FIG. 1 is a configuration diagram of an active matrix type liquid crystal display device according to an embodiment of the present invention.

FIG. 2 is a diagram of a pixel voltage waveform of the active matrix type liquid crystal display device according to the embodiment of the present invention.

FIG. 3 is a configuration diagram of a transmissive / semitransmissive selection circuit of an active matrix type liquid crystal display device according to an embodiment of the present invention.

FIG. 4 is a configuration diagram of a conventional active matrix type liquid crystal display device.

FIG. 5 is a diagram of a pixel voltage waveform of a conventional active matrix type liquid crystal display device.

[Explanation of symbols]

41 Gate drive circuit 42 Source drive circuit 43 Storage capacity drive circuit 44 LCD panel 14 Auxiliary lighting ON / OFF lighting selection circuit 32, 45 storage capacity voltage generation circuit 33 switch circuit TFT thin film transistor CS storage capacity LC liquid crystal capacity PIX LCD pixel G gate line S source line VG gate output signal VC, VCR, VCT Auxiliary capacitance output signal VH, VL Image signal potential VCOM counter voltage

─────────────────────────────────────────────────── ─── Continuation of front page (51) Int.Cl. ⁷ Identification code FI theme code (reference) G09G 3/20 624 G09G 3/20 624B 5C094 641 641C 641Q 3/34 3/34 J 3/36 3/36 F-term (reference) 2H091 FA23X FA23Z GA02 GA11 GA13 LA16 LA17 LA20 2H092 GA12 GA24 JA24 JB22 JB31 JB61 JB69 NA01 PA06 PA07 PA13 2H093 NC03 NC09 NC11 NC13 NC14 NC34 NC35 NC36 NC51 NC62 NC65 ND01 ND02 ND03 ND04 ND06 ND08 NE06 5C006 AA01 AA16 AF45 AF46 AF51 AF53 AF61 BB16 BB28 BB29 BC03 BC06 BC11 BF14 BF24 EA01 FA54 FA56 5C080 AA10 BB05 DD03 EE28 FF11 JJ02 JJ03 JJ04 5C094 AA03 AA55 BA03 BA43 CA19 EA04 EA07 FB19

Claims (3)

[Claims] 1. An active matrix type liquid crystal display device comprising a plurality of gate lines arranged in rows, a plurality of source lines arranged in columns, liquid crystal pixels, storage capacitors and pixel driving thin film transistors. A matrix display portion and a plurality of storage capacitance lines that are wired in parallel with the gate line and are connected to the storage capacitance for each line, and control the supply of an image signal to the thin film transistor through the source line.

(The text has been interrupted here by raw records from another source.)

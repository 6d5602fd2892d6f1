-- ===== src/Index/Batch/Tracking.antt =====
-- The two lists that the loop of Store.Update hands to a build, one path at a time: what they say of
-- the files before and after.
use lctk.Prelude.{
  ℕ, suc, ◌+◌, ◌≤◌, ◌≡◌, refl, inl, inr, Bool, Bool-cases, true, false, ◌||◌, ◌&&◌, Option, none,
  some, List, [], ◌∷◌, ◌++◌, Text, text, text_eq, text_eq_iff, text_eq_refl, has_prefix,
  if◌then◌else◌, if_cases, lookup, insert, lookup-insert, arith,
}
use lctk.Ignore.{contains}
use lctk.Index.{Files, Change, ok, digest_at}
use lctk.Index.Batch.{
  Workspace, Batch, new_batch, add_name, add_names, below, drop_file, drop_subtree, write_digest,
  apply_changes,
}
use lctk.Index.Batch.Loop.{apply_change-keeps, apply_changes-keeps}
use lctk.Index.Batch.Paths.{lookup-drop_file, lookup-drop_subtree}

abbrev is_present : Option Text → Bool
is_present none = false
is_present (some d) = true

-- How often a name stands in a list.
unfoldable pub occurrences : Text → List Text → ℕ
occurrences k [] = 0
occurrences k (n ∷ ns) = let rest = occurrences k ns in if text_eq n k then suc rest else rest

pub contains-add_name :
    (k n : Text) (ns : List Text) → contains k (add_name n ns) ≡ (text_eq n k || contains k ns)
unfolding add_name contains
contains-add_name k n ns = elim (Bool-cases (text_eq n k)) [
  | inl same ↦ let e : n ≡ k = (text_eq_iff n k).0 same in rw e (ground (arith, text_eq_refl k))
  | inr other ↦ ground (arith, other)
]

contains-add_names :
    (k : Text) (ns ms : List Text) → contains k (add_names ns ms) ≡ (contains k ns || contains k ms)
unfolding add_names contains
contains-add_names k [] ms = refl
contains-add_names k (n ∷ ns) ms =
    ground (arith, contains-add_names k ns (add_name n ms), contains-add_name k n ms)

contains-below :
    (prefix k : Text) (files : Files)
    → contains k (below prefix files) ≡ (has_prefix prefix k && is_present (lookup k files))
unfolding below contains lookup
contains-below prefix k [] = ground arith
contains-below prefix k ((j, d) ∷ files) = elim (Bool-cases (text_eq j k)) [
  | inl same ↦
      let e : j ≡ k = (text_eq_iff j k).0 same in
      rw e (ground (arith, text_eq_refl k, contains-below prefix k files))
  | inr other ↦ ground (arith, other, contains-below prefix k files)
]

pub contains-append :
    (k n : Text) (ns : List Text) → contains k (ns ++ n ∷ []) ≡ (contains k ns || text_eq n k)
unfolding contains
contains-append k n [] = ground arith
contains-append k n (m ∷ ns) = ground (arith, contains-append k n ns)

occurrences-append :
    (k n : Text) (ns : List Text)
    → occurrences k (ns ++ n ∷ []) ≡ occurrences k ns + (if text_eq n k then 1 else 0)
unfolding occurrences
occurrences-append k n [] = ground arith
occurrences-append k n (m ∷ ns) = ground (arith, occurrences-append k n ns)

pub occurrences-absent : (k : Text) (ns : List Text) → contains k ns ≡ false → occurrences k ns ≡ 0
unfolding occurrences contains
occurrences-absent k [] h = refl
occurrences-absent k (n ∷ ns) h = ground (arith, occurrences-absent k ns)

contains-drop_file :
    (k name : Text) (b : Batch)
    → contains k (drop_file name b).tombstone
      ≡ (contains k b.tombstone || (text_eq name k && is_present (lookup k b.files)))
unfolding drop_file
contains-drop_file k name b = elim (Bool-cases (text_eq name k)) [
  | inl same ↦
      let e : name ≡ k = (text_eq_iff name k).0 same in
      rw e (ground (arith, text_eq_refl k, contains-add_name k k b.tombstone))
  | inr other ↦ ground (arith, other, contains-add_name k name b.tombstone)
]

pub add-drop_file : (name : Text) (b : Batch) → (drop_file name b).add ≡ b.add
unfolding drop_file
add-drop_file name b = ground arith

pub seen-drop_file : (name : Text) (b : Batch) → (drop_file name b).seen ≡ b.seen
unfolding drop_file
seen-drop_file name b = ground arith

contains-drop_subtree :
    (k name : Text) (b : Batch)
    → contains k (drop_subtree name b).tombstone ≡ (
        (has_prefix (name ++ text "/") k && is_present (lookup k b.files))
        || contains k b.tombstone)
unfolding drop_subtree
contains-drop_subtree k name b =
    let prefix = name ++ text "/" in
    ground (
      arith,
      contains-add_names k (below prefix b.files) b.tombstone,
      contains-below prefix k b.files,
    )

pub add-drop_subtree : (name : Text) (b : Batch) → (drop_subtree name b).add ≡ b.add
unfolding drop_subtree
add-drop_subtree name b = refl

pub seen-drop_subtree : (name : Text) (b : Batch) → (drop_subtree name b).seen ≡ b.seen
unfolding drop_subtree
seen-drop_subtree name b = refl

module _ (k : Text) (files : Files) where
  -- What the lists say of a path: neither, the first alone, or the second.
  pub record IsTracked (b : Batch) : Type 0 where
    pub kept :
        contains k b.add ≡ false
        → contains k b.tombstone ≡ false
        → lookup k b.files ≡ lookup k files
    pub retracted :
        contains k b.add ≡ false → contains k b.tombstone ≡ true → lookup k b.files ≡ none
    pub replaced : contains k b.add ≡ true → contains k b.tombstone ≡ false → lookup k files ≡ none
    pub named : contains k b.add ≡ true → contains k b.seen ≡ true
    pub single : occurrences k b.add ≤ 1

  pub new_batch-IsTracked : IsTracked (new_batch files)
  unfolding contains occurrences
  new_batch-IsTracked = ground arith

  drop_file-IsTracked : (name : Text) (b : Batch) → IsTracked b → IsTracked (drop_file name b)
  drop_file-IsTracked name b t = ground (
    arith,
    lookup-drop_file k name b,
    contains-drop_file k name b,
    add-drop_file name b,
    seen-drop_file name b,
  )

  drop_subtree-IsTracked : (name : Text) (b : Batch) → IsTracked b → IsTracked (drop_subtree name b)
  drop_subtree-IsTracked name b t = ground (
    arith,
    lookup-drop_subtree k name b,
    contains-drop_subtree k name b,
    add-drop_subtree name b,
    seen-drop_subtree name b,
  )

  see-IsTracked :
      (name : Text) (b : Batch) → IsTracked b → IsTracked (record b { seen = name ∷ b.seen })
  unfolding contains
  see-IsTracked name b t = ground arith

  -- The files and the lists where a write changes them.
  abbrev pub rewritten : Text → Text → Batch → Batch
  rewritten name digest d =
      let dropped = drop_file name d in
      record dropped { files = insert name digest dropped.files; add = dropped.add ++ (name ∷ []) }

  add_file-IsTracked :
      (name digest : Text) (b : Batch)
      → contains name b.seen ≡ false
      → IsTracked b
      → IsTracked (rewritten name digest (record b { seen = name ∷ b.seen }))
  unfolding contains
  add_file-IsTracked name digest b fresh t =
      let d : Batch = record b { seen = name ∷ b.seen } in
      ground (
        arith,
        text_eq_iff name k,
        lookup-insert name k digest (drop_file name d).files,
        lookup-drop_file k name d,
        contains-drop_file k name d,
        add-drop_file name d,
        seen-drop_file name d,
        contains-append k name b.add,
        occurrences-append k name b.add,
        occurrences-absent k b.add,
      )

  module _ (digest_of : Text → Text) (max_bytes : ℕ) (w : Workspace) where
    write_digest-IsTracked :
        (name digest : Text) (b d : Batch)
        → d ≡ record b { seen = name ∷ b.seen }
        → contains name b.seen ≡ false
        → IsTracked b
        → IsTracked (write_digest digest_of max_bytes w name digest d)
    unfolding write_digest
    write_digest-IsTracked name digest b d e fresh t =
        let seen : IsTracked d = rw e (see-IsTracked name b t) in
        if_cases IsTracked (text_eq (digest_at name d.files) digest) _ _
          (λ _. record {
            kept = seen.kept;
            retracted = seen.retracted;
            replaced = seen.replaced;
            named = seen.named;
            single = seen.single;
          })
          (λ _. rw e (add_file-IsTracked name digest b fresh t))

    -- The loop's lists and files agree about every path.
    pub apply_changes-IsTracked :
        (cs : List Change) (b b' : Batch)
        → IsTracked b
        → apply_changes digest_of max_bytes w cs b ≡ ok b'
        → IsTracked b'
    apply_changes-IsTracked =
        apply_changes-keeps digest_of max_bytes w IsTracked λ name c b fresh t.
          let seen = see-IsTracked name b t in
          apply_change-keeps digest_of max_bytes w IsTracked name c b
            (λ d e. drop_file-IsTracked name d (rw e seen))
            (λ d e _ _.
              drop_subtree-IsTracked name (drop_file name d)
                (drop_file-IsTracked name d (rw e seen)))
            (λ d digest size e _ _ _. write_digest-IsTracked name digest b d e fresh t)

A horizontal drive circuit, a vertical drive circuit that controls the gate line, and a storage capacitor drive circuit that controls a voltage applied to the liquid crystal pixel via the storage capacitor; and a storage capacitor,
An active matrix type liquid crystal display device, comprising: a selection circuit for controlling different voltages to be applied to liquid crystal pixels when auxiliary lighting is used and when not used. 2. The active matrix liquid crystal display device according to claim 1, wherein the auxiliary illumination is a backlight, and the selection circuit receives a selection signal corresponding to lighting or non-lighting of the backlight. An active matrix type liquid crystal display device characterized in that two kinds of voltages are switched by a switch circuit, and different voltages are applied to liquid crystal pixels through the storage capacitor during transmission and during reflection. 3. The active matrix type liquid crystal display device according to claim 1, wherein the auxiliary lighting is a front light, and the selection circuit receives a selection signal corresponding to lighting or non-lighting of the front light. An active matrix type liquid crystal display device characterized in that two kinds of voltages are switched by a switch circuit, and different voltages are applied to liquid crystal pixels through the storage capacitor during transmission and during reflection.